=== Section Start ===

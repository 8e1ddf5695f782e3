-- ===== src/Failover/Verdicts.antt =====
-- What the loop does, described without its log and its state: a verdict on each attempt, the first
-- verdict that ends the request, and the marks that the verdicts before it leave on the backends.
use token_gate.Base.{
  ℕ, suc, ◌/◌, ◌≡◌, refl, ap, ◌∙◌, inl, inr, Bool, true, false, Option, none, some, List, [], ◌∷◌,
  arith, ◌==◌, if◌then◌else◌, Bool-cases, Option-cases,
}
use token_gate.Domain.{Backend}
use token_gate.Failover.{
  Exchange, ready, streaming_not_supported, not_prepared, Sent, no_response, broken_response,
  response, Delivery, not_adapted, not_buffered, delivered, Attempt, Reply, status_only,
  upstream_reply, nothing_written, Progress, Next, returns, continues, breaks, fail_over,
  fail_early, deliver, begin_attempt, receive, exchange_with, rewrite_failure, rewritten,
  attempt_on, Ended, answered, ran_out, is_last, follow, failover,
}
use token_gate.Scheduler.{Service, mark_success, mark_failure}
use token_gate.Store.{Db}
use token_gate.Store.Backends.{
  find_backend, get_backend, mark_backend_success, mark_backend_failure,
}
use token_gate.Text.{Text, codes}
use token_gate.Time.{Time}

pub data Verdict : Type 0 where
  -- the backend was not asked: the request could not be put into its form
  passed_over : Verdict
  -- the backend was asked and did not serve
  refused_service : Verdict
  -- the client went away
  withdrawn : Verdict
  -- the backend answered with a 2xx status
  served : Reply → Verdict

-- The client's answer where a backend served.
unfoldable pub served_reply : ℕ → Delivery → Reply
served_reply id (not_adapted e) = nothing_written
served_reply id (not_buffered e) = nothing_written
served_reply id (delivered status logged failure) = upstream_reply id status

unfoldable pub sent_verdict : ℕ → Delivery → Sent → Verdict
unfolding served_reply
sent_verdict id delivery (no_response true e) = withdrawn
sent_verdict id delivery (no_response false e) = refused_service
sent_verdict id delivery (broken_response true e) = withdrawn
sent_verdict id delivery (broken_response false e) = refused_service
sent_verdict id delivery (response code status logged) =
    if code / 100 == 2 then served (served_reply id delivery) else refused_service

unfoldable pub exchange_verdict : ℕ → Attempt → Exchange → Verdict
unfolding sent_verdict
exchange_verdict id a (streaming_not_supported e) = passed_over
exchange_verdict id a (not_prepared e) = passed_over
exchange_verdict id a ready = sent_verdict id a.delivery a.sent

unfoldable pub rewrite_verdict : ℕ → Attempt → Option Text → Verdict
unfolding exchange_verdict
rewrite_verdict id a (some e) = passed_over
rewrite_verdict id a none = exchange_verdict id a a.exchange

unfoldable pub verdict : Text → Attempt → Backend → Verdict
unfolding rewrite_failure rewrite_verdict
verdict model a b = elim (a.canceled) [
  | some e ↦ withdrawn
  | none ↦ rewrite_verdict b.id a (rewrite_failure model a b)
]

-- The answer of the first attempt that ends the request.
unfoldable pub first_answer : Text → (ℕ → Attempt) → ℕ → List Backend → Option Reply
unfolding verdict
first_answer model attempts n [] = none
first_answer model attempts n (b ∷ bs) =
    let rest = first_answer model attempts (suc n) bs in
    elim (verdict model (attempts n) b) [
      | passed_over ↦ rest
      | refused_service ↦ rest
      | withdrawn ↦ some (status_only 499)
      | served reply ↦ some reply
    ]

-- The marks, up to the attempt that ends the request: one on each backend that was asked.
unfoldable pub apply_marks : Service → Text → (ℕ → Attempt) → ℕ → List Backend → Db → Db
unfolding verdict mark_failure mark_success
apply_marks s model attempts n [] db = db
apply_marks s model attempts n (b ∷ bs) db = elim (verdict model (attempts n) b) [
  | passed_over ↦ apply_marks s model attempts (suc n) bs db
  | refused_service ↦
      apply_marks s model attempts (suc n) bs (mark_failure s (attempts n).at b.id db)
  | withdrawn ↦ db
  | served reply ↦ mark_success (attempts n).at b.id db
]

unfoldable pub answer_of : Ended → Option Reply
answer_of (answered reply p) = some reply
answer_of (ran_out p) = none

unfoldable pub db_of : Ended → Db
db_of (answered reply p) = p.db
db_of (ran_out p) = p.db

-- The database without its logs.
unfoldable pub without_logs : Db → Db
without_logs db = record db { usage_logs = []; next_usage_log_id = 1; hourly = [] }

-- What an attempt with this verdict does to the state of the loop.
unfoldable pub Agrees : Bool → Service → Attempt → Backend → Progress → Verdict → Next → Type 0
unfolding mark_failure mark_success without_logs
Agrees last s a b p passed_over (continues q) = without_logs q.db ≡ without_logs p.db
Agrees last s a b p refused_service (continues q) =
    without_logs q.db ≡ without_logs (mark_failure s a.at b.id p.db)
Agrees last s a b p refused_service (breaks q) =
    (last ≡ true) × (without_logs q.db ≡ without_logs (mark_failure s a.at b.id p.db))
Agrees last s a b p withdrawn (returns reply q) =
    (reply ≡ status_only 499) × (without_logs q.db ≡ without_logs p.db)
Agrees last s a b p (served told) (returns reply q) =
    (reply ≡ told) × (without_logs q.db ≡ without_logs (mark_success a.at b.id p.db))
Agrees last s a b p _ _ = ⊥

fail_over-Agrees :
    (s : Service) (a : Attempt) (b : Backend) (p q : Progress) (last : Bool)
    → without_logs q.db ≡ without_logs (mark_failure s a.at b.id p.db)
    → Agrees last s a b p refused_service (fail_over last a q)
unfolding Agrees fail_over
fail_over-Agrees s a b p q true h = (refl, h)
fail_over-Agrees s a b p q false h = h

fail_early-Agrees :
    (s : Service) (a : Attempt) (b : Backend) (p q : Progress) (last : Bool) (reason message : Text)
    → without_logs q.db ≡ without_logs p.db
    → Agrees last s a b p passed_over (fail_early last a reason message q)
unfolding Agrees fail_early
fail_early-Agrees s a b p q true reason message h = h
fail_early-Agrees s a b p q false reason message h = h

without_logs-mark_failure :
    (s : Service) (t : Time) (id : ℕ) (d : Db)
    → without_logs (mark_failure s t id d) ≡ mark_failure s t id (without_logs d)
unfolding without_logs mark_failure mark_backend_failure get_backend
without_logs-mark_failure s t id d = elim (Option-cases (find_backend id d.backends)) [
  | inl e ↦ rw (e, mark_failure, mark_backend_failure, get_backend) refl
  | inr (b, e) ↦ rw (e, mark_failure, mark_backend_failure, get_backend) refl
]

without_logs-mark_success :
    (t : Time) (id : ℕ) (d : Db)
    → without_logs (mark_success t id d) ≡ mark_success t id (without_logs d)
unfolding without_logs mark_success mark_backend_success
without_logs-mark_success t id d = refl

deliver-Agrees :
    (last : Bool) (s : Service) (a : Attempt) (b : Backend) (code : ℕ) (d : Delivery)
    (p q : Progress)
    → q.db ≡ p.db
    → Agrees last s a b p (served (served_reply b.id d)) (deliver a b code d q)
unfolding Agrees deliver served_reply
deliver-Agrees last s a b code (not_adapted e) p q h =
    (refl, ap (λ d. without_logs (mark_success a.at b.id d)) h)
deliver-Agrees last s a b code (not_buffered e) p q h =
    (refl, ap (λ d. without_logs (mark_success a.at b.id d)) h)
deliver-Agrees last s a b code (delivered status logged f) p q h =
    (refl, ap (λ d. without_logs (mark_success a.at b.id d)) h)

receive-Agrees :
    (s : Service) (last : Bool) (a : Attempt) (b : Backend) (x : Sent) (p q : Progress)
    → q.db ≡ p.db
    → Agrees last s a b p (sent_verdict b.id a.delivery x) (receive s last a b x q)
unfolding Agrees receive sent_verdict
receive-Agrees s last a b (no_response true e) p q h = (refl, ap without_logs h)
receive-Agrees s last a b (no_response false e) p q h =
    fail_over-Agrees s a b p _ last (ap (λ d. without_logs (mark_failure s a.at b.id d)) h)
receive-Agrees s last a b (broken_response true e) p q h = (refl, ap without_logs h)
receive-Agrees s last a b (broken_response false e) p q h =
    fail_over-Agrees s a b p _ last (ap (λ d. without_logs (mark_failure s a.at b.id d)) h)
receive-Agrees s last a b (response code status logged) p q h =
    elim (Bool-cases (code / 100 == 2)) [
      | inl e ↦ rw e (deliver-Agrees last s a b code a.delivery p q h)
      | inr e ↦
          rw e (
            fail_over-Agrees s a b p _ last (ap (λ d. without_logs (mark_failure s a.at b.id d)) h))
    ]

exchange_with-Agrees :
    (s : Service) (last : Bool) (a : Attempt) (b : Backend) (x : Exchange) (p q : Progress)
    → q.db ≡ p.db
    → Agrees last s a b p (exchange_verdict b.id a x) (exchange_with s last a b x q)
unfolding Agrees exchange_with exchange_verdict
exchange_with-Agrees s last a b (streaming_not_supported e) p q h = ap without_logs h
exchange_with-Agrees s last a b (not_prepared e) p q h =
    fail_early-Agrees s a b p q last (codes "prepare exchange failed: ") e (ap without_logs h)
exchange_with-Agrees s last a b ready p q h = receive-Agrees s last a b a.sent p q h

rewritten-Agrees :
    (s : Service) (last : Bool) (a : Attempt) (b : Backend) (x : Option Text) (p q : Progress)
    → q.db ≡ p.db
    → Agrees last s a b p (rewrite_verdict b.id a x) (rewritten s last a b x q)
unfolding Agrees rewritten rewrite_verdict
rewritten-Agrees s last a b (some e) p q h =
    fail_early-Agrees s a b p q last (codes "rewrite model failed: ") e (ap without_logs h)
rewritten-Agrees s last a b none p q h = exchange_with-Agrees s last a b a.exchange p q h

attempt_on-Agrees :
    (s : Service) (model : Text) (last : Bool) (n : ℕ) (a : Attempt) (b : Backend) (p : Progress)
    → Agrees last s a b p (verdict model a b) (attempt_on s model last n a b p)
unfolding Agrees attempt_on verdict
attempt_on-Agrees s model last n a b p = elim (Option-cases (a.canceled)) [
  | inl e ↦
      rw e (rewritten-Agrees s last a b (rewrite_failure model a b) p (begin_attempt n b p) refl)
  | inr (m, e) ↦ rw e (refl, refl)
]

-- What the loop has to show from some candidate on.
abbrev Follows : Service → Text → (ℕ → Attempt) → ℕ → List Backend → Progress → Ended → Type 0
Follows s model attempts n bs p x =
    (answer_of x ≡ first_answer model attempts n bs)
    × (without_logs (db_of x) ≡ apply_marks s model attempts n bs (without_logs p.db))

follow-Follows :
    (s : Service) (model : Text) (attempts : ℕ → Attempt) (n : ℕ) (b : Backend) (bs : List Backend)
    (p : Progress) (v : Verdict) (x : Next)
    → verdict model (attempts n) b ≡ v
    → Agrees (is_last bs) s (attempts n) b p v x
    → ((q : Progress)
        → Follows s model attempts (suc n) bs q (failover s model attempts (suc n) bs q))
    → Follows s model attempts n (b ∷ bs) p (follow (failover s model attempts (suc n) bs) x)
unfolding Agrees first_answer apply_marks answer_of db_of
follow-Follows s model attempts n b bs p passed_over (continues q) e h ih =
    let (r, d) = ih q in
    rw (e, first_answer, apply_marks) (r, d ∙ ap (apply_marks s model attempts (suc n) bs) h)
follow-Follows s model attempts n b bs p refused_service (continues q) e h ih =
    let (r, d) = ih q in
    rw (e, first_answer, apply_marks)
      (
        r,
        d
            ∙ ap (apply_marks s model attempts (suc n) bs)
                (h ∙ without_logs-mark_failure s (attempts n).at b.id p.db),
      )
follow-Follows s model attempts n b [] p refused_service (breaks q) e (l, h) ih =
    rw (e, first_answer, apply_marks)
      (refl, h ∙ without_logs-mark_failure s (attempts n).at b.id p.db)
follow-Follows s model attempts n b (c ∷ cs) p refused_service (breaks q) e (l, h) ih = ground arith
follow-Follows s model attempts n b bs p withdrawn (returns reply q) e (r, h) ih =
    rw (e, first_answer, apply_marks) (ap some r, h)
follow-Follows s model attempts n b bs p (served told) (returns reply q) e (r, h) ih =
    rw (e, first_answer, apply_marks)
      (ap some r, h ∙ without_logs-mark_success (attempts n).at b.id p.db)
follow-Follows s model attempts n b bs p _ _ e h ih = elim h [ ]

-- The loop and the verdicts on its attempts give the same answer and, logs aside, the same
-- database: the first attempt that is withdrawn or served ends the request with its answer; up to
-- it each backend that was asked is marked once, in order; later ones are left alone.
pub failover-verdicts :
    (s : Service) (model : Text) (attempts : ℕ → Attempt) (n : ℕ) (bs : List Backend) (p : Progress)
    → (answer_of (failover s model attempts n bs p) ≡ first_answer model attempts n bs)
      × (without_logs (db_of (failover s model attempts n bs p))
          ≡ apply_marks s model attempts n bs (without_logs p.db))
unfolding failover first_answer apply_marks answer_of db_of
failover-verdicts s model attempts n [] p = (refl, refl)
failover-verdicts s model attempts n (b ∷ bs) p =
    follow-Follows s model attempts n b bs p (verdict model (attempts n) b)
      (attempt_on s model (is_last bs) (suc n) (attempts n) b p) refl
      (attempt_on-Agrees s model (is_last bs) (suc n) (attempts n) b p)
      (failover-verdicts s model attempts (suc n) bs)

=== Section End ===

BRIEF
Quote the data above from the line containing "rewritten-Agrees s last a b (some" to the line containing "unfolding Agrees first_answer", inclusive, and stop.

EXERCISE ANSWER
rewritten-Agrees s last a b (some e) p q h =
    fail_early-Agrees s a b p q last (codes "rewrite model failed: ") e (ap without_logs h)
rewritten-Agrees s last a b none p q h = exchange_with-Agrees s last a b a.exchange p q h

attempt_on-Agrees :
    (s : Service) (model : Text) (last : Bool) (n : ℕ) (a : Attempt) (b : Backend) (p : Progress)
    → Agrees last s a b p (verdict model a b) (attempt_on s model last n a b p)
unfolding Agrees attempt_on verdict
attempt_on-Agrees s model last n a b p = elim (Option-cases (a.canceled)) [
  | inl e ↦
      rw e (rewritten-Agrees s last a b (rewrite_failure model a b) p (begin_attempt n b p) refl)
  | inr (m, e) ↦ rw e (refl, refl)
]

-- What the loop has to show from some candidate on.
abbrev Follows : Service → Text → (ℕ → Attempt) → ℕ → List Backend → Progress → Ended → Type 0
Follows s model attempts n bs p x =
    (answer_of x ≡ first_answer model attempts n bs)
    × (without_logs (db_of x) ≡ apply_marks s model attempts n bs (without_logs p.db))

follow-Follows :
    (s : Service) (model : Text) (attempts : ℕ → Attempt) (n : ℕ) (b : Backend) (bs : List Backend)
    (p : Progress) (v : Verdict) (x : Next)
    → verdict model (attempts n) b ≡ v
    → Agrees (is_last bs) s (attempts n) b p v x
    → ((q : Progress)
        → Follows s model attempts (suc n) bs q (failover s model attempts (suc n) bs q))
    → Follows s model attempts n (b ∷ bs) p (follow (failover s model attempts (suc n) bs) x)
unfolding Agrees first_answer apply_marks answer_of db_of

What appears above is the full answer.